■ **Work order**:
A single number is the answer here: the count of lines in the data below that include the word "CipherPair".

■ **Extracted material**:
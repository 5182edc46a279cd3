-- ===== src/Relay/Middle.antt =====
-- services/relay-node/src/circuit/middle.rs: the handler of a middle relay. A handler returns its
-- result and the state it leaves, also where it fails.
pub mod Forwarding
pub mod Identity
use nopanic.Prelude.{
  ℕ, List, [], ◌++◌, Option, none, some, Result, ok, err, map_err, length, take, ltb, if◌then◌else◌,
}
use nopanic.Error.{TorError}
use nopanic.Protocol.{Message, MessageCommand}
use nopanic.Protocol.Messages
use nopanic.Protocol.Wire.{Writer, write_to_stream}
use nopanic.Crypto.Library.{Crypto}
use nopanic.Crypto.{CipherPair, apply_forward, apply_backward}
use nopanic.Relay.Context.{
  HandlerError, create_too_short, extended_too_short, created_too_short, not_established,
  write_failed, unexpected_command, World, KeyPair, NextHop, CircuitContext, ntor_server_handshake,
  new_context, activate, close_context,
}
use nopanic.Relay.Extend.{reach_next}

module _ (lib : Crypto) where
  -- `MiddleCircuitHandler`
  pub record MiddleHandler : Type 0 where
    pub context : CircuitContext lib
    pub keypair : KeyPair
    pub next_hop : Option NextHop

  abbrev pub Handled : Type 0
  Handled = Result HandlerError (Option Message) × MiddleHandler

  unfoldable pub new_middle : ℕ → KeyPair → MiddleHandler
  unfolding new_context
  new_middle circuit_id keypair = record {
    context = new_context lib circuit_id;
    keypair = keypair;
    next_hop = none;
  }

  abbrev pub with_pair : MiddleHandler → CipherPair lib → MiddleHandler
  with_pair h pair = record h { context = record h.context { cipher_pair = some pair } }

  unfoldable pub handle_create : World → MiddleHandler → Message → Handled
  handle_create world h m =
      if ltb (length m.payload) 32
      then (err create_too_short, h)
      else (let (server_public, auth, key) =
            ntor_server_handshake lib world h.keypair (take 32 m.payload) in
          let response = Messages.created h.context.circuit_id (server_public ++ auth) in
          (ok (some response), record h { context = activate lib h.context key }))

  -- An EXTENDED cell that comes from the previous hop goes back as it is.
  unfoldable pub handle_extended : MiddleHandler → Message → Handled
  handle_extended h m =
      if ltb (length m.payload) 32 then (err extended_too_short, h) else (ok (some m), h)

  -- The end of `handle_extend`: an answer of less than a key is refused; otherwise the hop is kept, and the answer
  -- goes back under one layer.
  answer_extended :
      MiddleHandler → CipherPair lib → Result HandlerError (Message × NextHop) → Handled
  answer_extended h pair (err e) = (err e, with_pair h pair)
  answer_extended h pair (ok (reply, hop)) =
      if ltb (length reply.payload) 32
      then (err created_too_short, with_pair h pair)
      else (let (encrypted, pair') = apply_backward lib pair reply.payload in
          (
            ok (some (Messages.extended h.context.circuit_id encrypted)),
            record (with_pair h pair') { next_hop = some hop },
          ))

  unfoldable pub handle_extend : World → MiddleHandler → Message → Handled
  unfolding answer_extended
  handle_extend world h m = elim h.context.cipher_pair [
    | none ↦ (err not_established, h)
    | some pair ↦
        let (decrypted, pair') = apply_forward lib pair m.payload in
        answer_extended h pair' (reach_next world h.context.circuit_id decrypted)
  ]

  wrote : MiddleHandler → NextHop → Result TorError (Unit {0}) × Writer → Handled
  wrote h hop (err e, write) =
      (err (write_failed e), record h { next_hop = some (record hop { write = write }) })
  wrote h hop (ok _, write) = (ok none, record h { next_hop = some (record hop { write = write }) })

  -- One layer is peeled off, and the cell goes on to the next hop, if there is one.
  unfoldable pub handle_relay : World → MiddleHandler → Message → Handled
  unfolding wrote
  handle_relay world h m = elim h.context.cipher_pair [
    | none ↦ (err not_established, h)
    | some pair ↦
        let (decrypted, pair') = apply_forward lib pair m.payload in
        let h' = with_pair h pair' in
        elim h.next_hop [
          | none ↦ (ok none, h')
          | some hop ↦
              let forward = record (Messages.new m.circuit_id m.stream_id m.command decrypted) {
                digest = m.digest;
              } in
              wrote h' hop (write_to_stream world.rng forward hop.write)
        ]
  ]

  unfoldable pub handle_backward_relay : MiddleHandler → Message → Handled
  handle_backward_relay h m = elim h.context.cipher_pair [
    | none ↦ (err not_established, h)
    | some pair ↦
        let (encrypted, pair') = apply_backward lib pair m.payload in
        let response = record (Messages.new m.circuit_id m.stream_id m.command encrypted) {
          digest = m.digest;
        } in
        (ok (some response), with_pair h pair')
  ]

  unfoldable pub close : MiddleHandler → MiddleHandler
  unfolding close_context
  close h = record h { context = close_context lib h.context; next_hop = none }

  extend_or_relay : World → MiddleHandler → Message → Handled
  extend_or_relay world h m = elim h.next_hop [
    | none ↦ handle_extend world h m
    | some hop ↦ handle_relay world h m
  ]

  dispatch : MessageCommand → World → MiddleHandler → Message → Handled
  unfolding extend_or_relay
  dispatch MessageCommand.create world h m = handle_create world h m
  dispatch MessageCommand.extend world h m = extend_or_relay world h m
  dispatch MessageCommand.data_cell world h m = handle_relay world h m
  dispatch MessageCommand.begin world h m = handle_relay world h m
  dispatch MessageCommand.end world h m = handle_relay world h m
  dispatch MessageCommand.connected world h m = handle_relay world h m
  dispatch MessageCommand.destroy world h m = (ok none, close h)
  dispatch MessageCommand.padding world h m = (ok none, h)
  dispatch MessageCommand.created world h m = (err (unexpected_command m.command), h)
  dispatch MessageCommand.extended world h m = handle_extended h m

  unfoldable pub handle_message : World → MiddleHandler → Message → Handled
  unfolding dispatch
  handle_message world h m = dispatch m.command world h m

■ **Task output**:
3